A span, by the way, is a list of two integers. `[6, 14]` is a span of tokens 6, 7, 8, 9, 10, 11, 12 and 13 (not 14; this is how python indexing works).

In [8]:
# I saw a dog in a car. It was really cute. Its skin was brown with white spots !
doc = [
    ["I", "saw", "a", "dog", "in", "a", "car", "."],                # 8 tokens
    ["It", "was", "really", "cute", "."],                           # 5 tokens
    ["Its", "skin", "was", "brown", "with", "white", "spots", "!"]  # 8 tokens
] # total: 21 tokens

clusters = [ 
    [[0, 1]],                        # one cluster with one span (about I) 
    [[2, 4], [8, 9], [13, 14]],      # next cluster with three spans (about the dog(
    [[6, 8]]                         # last cluster (a car) with one span
]

**Important**: you might notice that you can't directly access the text of a span by `doc[span[0]: span[1]]`. This is because the spans assume a flat list of strings. The document however contains structure based on sentences. So we need to flatten the document first. You can do that by

In [9]:
from utils.nlp import to_toks
# to_toks (think of to_tokens)

flattened_doc = to_toks(doc)
print(f"While doc has {len(doc)} items, each representing a sentence, "
      f"a flattened doc has {len(flattened_doc)} items, each representing a token.")

span = [13, 20]
flattened_doc[span[0]: span[1]]

While doc has 3 items, each representing a sentence, a flattened doc has 21 items, each representing a token.
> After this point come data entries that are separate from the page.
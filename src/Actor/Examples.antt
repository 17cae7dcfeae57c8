-- ===== src/Actor/Examples.antt =====
-- The theorems about the actors at concrete messages.
use symposium.Prelude.{
  ℕ, true, false, List, [], ◌∷◌, ◌++◌, none, some, ok, ◌≡◌, refl, ◌↔◌, ◌≤◌, ◌==◌, if◌then◌else◌,
  not,
}
use symposium.Prelude.Text.{Text, codes, text_eq, starts_with}
use symposium.Actor.Repeater
use symposium.Actor.Repeater.{
  SerdeJson, RepeaterActor, RepeaterMessage, subscribe, incoming_message, debug_set_identifier,
  Moment, max_message_history,
}
use symposium.Actor.Repeater.History.{last_n, incoming, view, run-eq-last_n}
use symposium.Actor.Repeater.Broadcast.{IsLog, received, expected, run-received}
use symposium.Actor.Messages.{
  IpcMessage, MessageSender, ResponsePayload, IpcMessageType, get_selection, log, response,
}
use symposium.Actor.Dispatch
use symposium.Actor.Dispatch.{
  Serde, DispatchActor, Event, request, client_message, to_client, reply, round,
}
use symposium.Actor.Dispatch.Replies.{replies, requests, replies-run}
use symposium.Actor.Reference
use symposium.Actor.Reference.{ReferenceMessage, store_reference, get_reference, found}
use symposium.Actor.Reference.Latest.{run-latest}
use symposium.Actor.Dispatch.Matching.{run-request_reply}

-- A stand-in for JSON: a text is a value, and its type is `log` if it begins so.
abbrev json : SerdeJson
json = record {
  Value = Text;
  from_str = λ t. some t;
  get_str = λ key t. if starts_with t (codes "log") then some (codes "log") else none;
}

-- The receiver 8 is gone from the second moment on.
abbrev session : List (Moment × RepeaterMessage)
session =
    (record { millis = 1; is_open = λ c. true }, subscribe 7)
    ∷ (record { millis = 2; is_open = λ c. true }, subscribe 8)
    ∷ (record { millis = 3; is_open = λ c. true }, debug_set_identifier 1 (codes "vscode"))
    ∷ (record { millis = 4; is_open = λ c. not (c == 8) }, incoming_message 1 (codes "hello"))
    ∷ (record { millis = 5; is_open = λ c. not (c == 8) }, incoming_message 2 (codes "log line"))
    ∷ []

run-eq-last_n_example :
    view (Repeater.run json session Repeater.new).0 ≡ last_n 1024 (incoming session)
run-eq-last_n_example = run-eq-last_n json session

run-received_example :
    (received 7 (Repeater.run json session Repeater.new).1 ≡ expected json 7 0 session)
    × ((t : Text) → (Repeater.is_log json t ≡ true) ↔ IsLog json t)
unfolding Repeater.new
run-received_example = run-received json 7 session Repeater.new

abbrev editor : MessageSender
editor = record { working_directory = codes "/w"; taskspace_uuid = none; shell_pid = some 42 }

abbrev answer : Text → ResponsePayload Text
answer t = record { success = true; error = none; data_payload = some t }

-- A stand-in for JSON again: a text is the response that has it for data.
abbrev serde : Serde
serde = record {
  Value = Text;
  response_from = λ t. some (answer t);
  store_reference_from = λ t. none;
  response_to = λ p. some (codes "{}");
  polo_to = some (codes "{}");
}

abbrev message_of : IpcMessageType → Text → Text → IpcMessage Text
message_of kind id payload = record {
  message_type = kind;
  id = id;
  sender = editor;
  payload = payload;
}

abbrev calm : Dispatch.Moment
calm = record {
  client_open = true;
  listens = λ c. true;
  is_closed = λ c. false;
  stored = ok tt;
  fresh_message_id = codes "f";
}

-- Another request and a log message come in between.
abbrev between : List (Dispatch.Moment × Event serde)
between =
    (calm, request (message_of get_selection (codes "b") []) (some 4))
    ∷ (calm, client_message (message_of log (codes "a") (codes "x")))
    ∷ []

abbrev asking : IpcMessage Text
asking = message_of get_selection (codes "a") []

abbrev answering : IpcMessage Text
answering = message_of response (codes "a") (codes "selected")

abbrev exchange : List (Dispatch.Moment × Event serde)
exchange = (calm, request asking (some 3)) ∷ between ++ (calm, client_message answering) ∷ []

replies-run_example :
    replies serde 3 (Dispatch.run serde exchange (Dispatch.new serde editor false)).1
    ≤ requests serde 3 exchange
replies-run_example = replies-run serde editor false 3 exchange

run-request_reply_example :
    (Dispatch.run serde exchange (Dispatch.new serde editor false)).1
    ≡ to_client asking
        ∷ (Dispatch.run serde between
            (round serde calm (request asking (some 3)) (Dispatch.new serde editor false)).1).1
      ++ reply 3 (answer (codes "selected")) ∷ []
unfolding text_eq
run-request_reply_example =
    run-request_reply serde (Dispatch.new serde editor false) asking answering 3 calm calm between
      (answer (codes "selected")) refl refl ((refl, refl, refl), ((refl, λ h. cc), tt)) refl refl
      refl refl

abbrev stores : List (ReferenceMessage ℕ)
stores =
    store_reference (codes "k") 1 5
    ∷ get_reference (codes "k") 6
    ∷ store_reference (codes "k") 2 7
    ∷ store_reference (codes "j") 3 8
    ∷ []

run-latest_example :
    (Reference.run (λ c. true) (stores ++ get_reference (codes "k") 9 ∷ []) Reference.new).1
    ≡ (Reference.run (λ c. true) stores Reference.new).1 ++ found 9 (some 2) ∷ []
unfolding text_eq
run-latest_example = run-latest (λ c. true) stores (codes "k") 9 refl
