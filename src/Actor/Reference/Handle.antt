-- ===== src/Actor/Reference/Handle.antt =====
-- outdated/mcp-server/src/actor/reference.rs, `ReferenceHandle`: a message to the actor, behind those that
-- are in its queue, and the wait for its reply. `sent` says whether the queue takes the message.
use symposium.Prelude.{
  ℕ, Bool, true, List, [], ◌∷◌, Option, none, some, Result, ok, err, if◌then◌else◌, ◌≡◌, refl, ap,
  ◌∙◌,
}
use symposium.Prelude.Text.{Text, codes, text_eq_refl}
use symposium.Prelude.Assoc
use symposium.Prelude.Assoc.{text_key, get-insert}
use symposium.Actor.Reference
use symposium.Actor.Reference.{
  ReferenceMessage, ReferenceActor, Reply, stored, found, handle_message, run,
}
use symposium.Actor.Reference.Latest.{latest, get-run}

module _ {Value : Type 0} where
  -- What a reply channel gives: an error if it was dropped.
  abbrev stored_reply : List (Reply Value) → Result Text (Unit {0})
  stored_reply [] = err (codes "channel closed")
  stored_reply (stored channel ∷ out) = ok tt
  stored_reply (found channel value ∷ out) = err (codes "channel closed")

  abbrev found_reply : List (Reply Value) → Option Value
  found_reply [] = none
  found_reply (stored channel ∷ out) = none
  found_reply (found channel value ∷ out) = value

  -- The handle waits for the reply on the channel 0, and for no other.
  unfoldable pub store_reference :
      (sent : Bool) (listens : ℕ → Bool)
      → List (ReferenceMessage Value)
      → (key : Text) → Value
      → ReferenceActor Value
      → Result Text (Unit {0}) × ReferenceActor Value
  unfolding run handle_message
  store_reference sent listens queue key value s =
      let t = (run listens queue s).0 in
      if sent
      then (let (u, out) = handle_message (λ c. true) (Reference.store_reference key value 0) t in
          (stored_reply out, u))
      else (err (codes "Reference actor unavailable"), t)

  unfoldable pub get_reference :
      (sent : Bool) (listens : ℕ → Bool)
      → List (ReferenceMessage Value)
      → (key : Text) → ReferenceActor Value
      → Option Value × ReferenceActor Value
  unfolding run handle_message
  get_reference sent listens queue key s =
      let t = (run listens queue s).0 in
      if sent
      then (let (u, out) = handle_message (λ c. true) (Reference.get_reference key 0) t in
          (found_reply out, u))
      else (none, t)

  -- What a handle stored is what a handle gets, unless a message between the two stores another value.
  pub get_reference-store_reference :
      (listens : ℕ → Bool) (queue between : List (ReferenceMessage Value)) (key : Text)
      (value : Value) (s : ReferenceActor Value)
      → ((store_reference true listens queue key value s).0 ≡ ok tt)
        × ((get_reference true listens between key
              (store_reference true listens queue key value s).1).0
            ≡ latest key (some value) between)
  unfolding store_reference get_reference handle_message
  get_reference-store_reference listens queue between key value s = (
    refl,
    get-run listens key between
          (record { storage = Assoc.insert key value (run listens queue s).0.storage })
        ∙ ap (λ before. latest key before between)
            (get-insert key key value (run listens queue s).0.storage ∙ rw (text_eq_refl key) refl),
  )
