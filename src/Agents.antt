-- ===== src/Agents.antt =====
-- outdated/mcp-server/src/agent_manager.rs: agents that run in sessions of tmux. `W` is the state of what
-- is outside: tmux, the file system and the clock. serde_json is a pair of functions.
pub mod Synced
mod Examples
use symposium.Prelude.{
  ℕ, Bool, true, false, not, any, keep, Option, some, none, List, [], ◌∷◌, ◌++◌, map, Result, ok,
  err, and_then, ok_or, if◌then◌else◌,
}
use symposium.Prelude.Text.{Text, codes, lines, trim, text_eq, starts_with}
use symposium.Prelude.Assoc
use symposium.Prelude.Assoc.{text_key, insert, remove}

pub data AgentStatus : Type 0 where
  starting running crashed stopped : AgentStatus

pub record AgentSession : Type 0 where
  pub uuid : Text
  pub tmux_session_name : Text
  pub agent_command : List Text
  pub working_directory : Text
  pub status : AgentStatus
  pub created_at : ℕ
  pub last_attached : Option ℕ

abbrev pub Sessions : Type 0
Sessions = List (Text × AgentSession)

pub record AgentManager : Type 0 where
  pub sessions : Sessions
  pub sessions_file : Text

-- What a command that was run gives.
pub record Output : Type 0 where
  pub success : Bool
  pub stdout : Text
  pub stderr : Text

pub record Outside (W : Type 0) : Type 0 where
  pub new_session : (name dir : Text) → (command : List Text) → W → Result Text Output × W
  pub attach_session : Text → W → Result Text Bool × W
  pub kill_session : Text → W → Result Text Output × W
  pub list_sessions : W → Result Text Output × W
  pub now : W → ℕ × W
  pub exists : Text → W → Bool × W
  pub read_to_string : Text → W → Result Text Text × W
  pub create_dir_all : Text → W → Result Text (Unit {0}) × W
  pub write : (path content : Text) → W → Result Text (Unit {0}) × W
  pub parent : Text → Option Text
  pub from_str : Text → Result Text Sessions
  pub to_string_pretty : Sessions → Result Text Text
  pub is_whitespace : ℕ → Bool

-- `contains_key`
abbrev contains_key : Text → Sessions → Bool
contains_key uuid sessions = elim (Assoc.get uuid sessions) [ some s ↦ true | none ↦ false ]

-- `Vec::contains`
abbrev pub contains : Text → List Text → Bool
contains name names = any (λ n. text_eq n name) names

-- The names of the sessions that tmux lists.
unfoldable pub tmux_sessions : Result Text Output → List Text
unfolding lines starts_with
tmux_sessions (err e) = []
tmux_sessions (ok output) =
    if output.success
    then keep (λ line. starts_with line (codes "symposium-agent-")) (lines output.stdout)
    else []

-- The status of a session that tmux lists or does not.
unfoldable pub synced_status : Bool → AgentStatus → AgentStatus
synced_status true starting = starting
synced_status true running = running
synced_status true crashed = running
synced_status true stopped = running
synced_status false status = crashed

unfoldable pub update_status : List Text → AgentSession → AgentSession
unfolding synced_status text_eq
update_status names s = record s {
  status = synced_status (contains s.tmux_session_name names) s.status;
}

-- The sessions that tmux does not list, and their removal one by one.
unfoldable pub to_remove : List Text → Sessions → List Text
unfolding text_eq
to_remove names [] = []
to_remove names ((uuid, s) ∷ sessions) =
    let rest = to_remove names sessions in
    if contains s.tmux_session_name names then rest else uuid ∷ rest

unfoldable pub remove_all : List Text → Sessions → Sessions
unfolding Assoc.remove
remove_all [] sessions = sessions
remove_all (uuid ∷ uuids) sessions = remove_all uuids (remove uuid sessions)

unfoldable pub synced : List Text → Sessions → Sessions
unfolding update_status to_remove remove_all
synced names sessions =
    let updated = map (λ e. (e.0, update_status names e.1)) sessions in
    remove_all (to_remove names updated) updated

module _ {W : Type 0} (outside : Outside W) where
  unfoldable pub save_sessions : AgentManager → W → Result Text (Unit {0}) × W
  save_sessions m w = elim (outside.to_string_pretty m.sessions) [
    | err e ↦ (err e, w)
    | ok content ↦ elim (outside.parent m.sessions_file) [
      | none ↦ outside.write m.sessions_file content w
      | some dir ↦
          and_then (outside.create_dir_all dir w) λ _ v. outside.write m.sessions_file content v
    ]
  ]

  -- `save_sessions` of a manager that stays.
  abbrev saving : AgentManager → W → Result Text (Unit {0}) × AgentManager × W
  saving m w = let (r, v) = save_sessions m w in (r, m, v)

  unfoldable pub load_sessions : AgentManager → W → Result Text (Unit {0}) × AgentManager × W
  load_sessions m w =
      let (there, v) = outside.exists m.sessions_file w in
      if there
      then (let (content, x) = outside.read_to_string m.sessions_file v in
          elim content [
            | err e ↦ (err e, m, x)
            | ok t ↦ elim (outside.from_str t) [
              | err e ↦ (err e, m, x)
              | ok sessions ↦ (ok tt, record m { sessions = sessions }, x)
            ]
          ])
      else (ok tt, m, v)

  unfoldable pub sync_with_tmux : AgentManager → W → Result Text (Unit {0}) × AgentManager × W
  unfolding tmux_sessions synced save_sessions
  sync_with_tmux m w =
      let (output, v) = outside.list_sessions w in
      saving (record m { sessions = synced (tmux_sessions output) m.sessions }) v

  unfoldable pub new : Text → W → Result Text AgentManager × W
  unfolding load_sessions sync_with_tmux
  new sessions_file w =
      let (loaded, m, v) =
        load_sessions (record { sessions = []; sessions_file = sessions_file }) w in
      elim loaded [
        | err e ↦ (err e, v)
        | ok _ ↦
            let (done, n, x) = sync_with_tmux m v in
            elim done [ ok _ ↦ (ok n, x) | err e ↦ (err e, x) ]
      ]

  unfoldable pub spawn_agent :
      (uuid : Text)
      → List Text
      → (working_directory : Text) → AgentManager
      → W
      → Result Text (Unit {0}) × AgentManager × W
  unfolding Assoc.get Assoc.insert save_sessions trim
  spawn_agent uuid agent_command working_directory m w =
      let name = codes "symposium-agent-" ++ uuid in
      if contains_key uuid m.sessions
      then (err (codes "Agent session " ++ uuid ++ codes " already exists"), m, w)
      else (let (result, v) = outside.new_session name working_directory agent_command w in
          elim result [
            | err e ↦ (err (codes "Failed to execute tmux command for session " ++ uuid), m, v)
            | ok output ↦
                if output.success
                then (let (created_at, x) = outside.now v in
                    saving
                      (record m {
                        sessions =
                            insert uuid
                              (record {
                                uuid = uuid;
                                tmux_session_name = name;
                                agent_command = agent_command;
                                working_directory = working_directory;
                                status = starting;
                                created_at = created_at;
                                last_attached = none;
                              })
                              m.sessions;
                      })
                      x)
                else (
                  err (
                      codes "Failed to create tmux session "
                      ++ uuid
                      ++ codes ":\n  stdout: "
                      ++ trim outside.is_whitespace output.stdout
                      ++ codes "\n  stderr: "
                      ++ trim outside.is_whitespace output.stderr),
                  m,
                  v,
                )
          ])

  unfoldable pub kill_agent : Text → AgentManager → W → Result Text (Unit {0}) × AgentManager × W
  unfolding Assoc.get Assoc.remove save_sessions
  kill_agent uuid m w = elim (Assoc.get uuid m.sessions) [
    | none ↦ (err (codes "Agent session " ++ uuid ++ codes " not found"), m, w)
    | some s ↦
        let (result, v) = outside.kill_session s.tmux_session_name w in
        elim result [
          | err e ↦ (err e, m, v)
          | ok output ↦ saving (record m { sessions = remove uuid m.sessions }) v
        ]
  ]

  unfoldable pub execute_attach : Text → AgentManager → W → Result Text (Unit {0}) × W
  unfolding Assoc.get
  execute_attach uuid m w = elim (Assoc.get uuid m.sessions) [
    | none ↦ (err (codes "Agent session " ++ uuid ++ codes " not found"), w)
    | some s ↦ and_then (outside.attach_session s.tmux_session_name w) λ success v. (
      (if success
          then ok tt
          else err (codes "Failed to attach to tmux session " ++ s.tmux_session_name)),
      v,
    )
  ]

unfoldable pub get_attach_command : Text → AgentManager → Result Text (List Text)
unfolding Assoc.get
get_attach_command uuid m = elim (Assoc.get uuid m.sessions) [
  | none ↦ err (codes "Agent session " ++ uuid ++ codes " not found")
  | some s ↦ ok (codes "tmux" ∷ codes "attach-session" ∷ codes "-t" ∷ s.tmux_session_name ∷ [])
]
['Its', 'skin', 'was', 'brown', 'with', 'white', 'spots']

There are other helpful things in there as well such as
**words**: replace each span `[13, 15]` with the corresponding list of tokens i.e. `['the', 'red', 'car']`.

**pos**: replace every word with its POS tag

In addition, corresponding to spans, words, and pos we also have **span_head**, **words_head**, and **pos_head** which contain the span's head information (as detected by spacy's span head detection algorithm).

## Other Annotations

### NamedEntities

Similar to `Clusters` above except we don't need to aggregate groups of spans into clusters. So here, we just have a list of spans.

`ner.spans: List[List[int]] = [ [2, 4], [4, 9] ... ]`

Corresponding to each, we also have the NER tag, the words, the POS and the span head information as above.

### BridgingAnaphors

Each element of

bridging.spans looks like: `[ [2, 5], [9, 13] ]`, i.e., a list of two spans. The first being the anaphor, and the second being the antecedent.

You also have better variables at your disposal like `briding.anaphors` or `briding.antecedents` to access them more normally.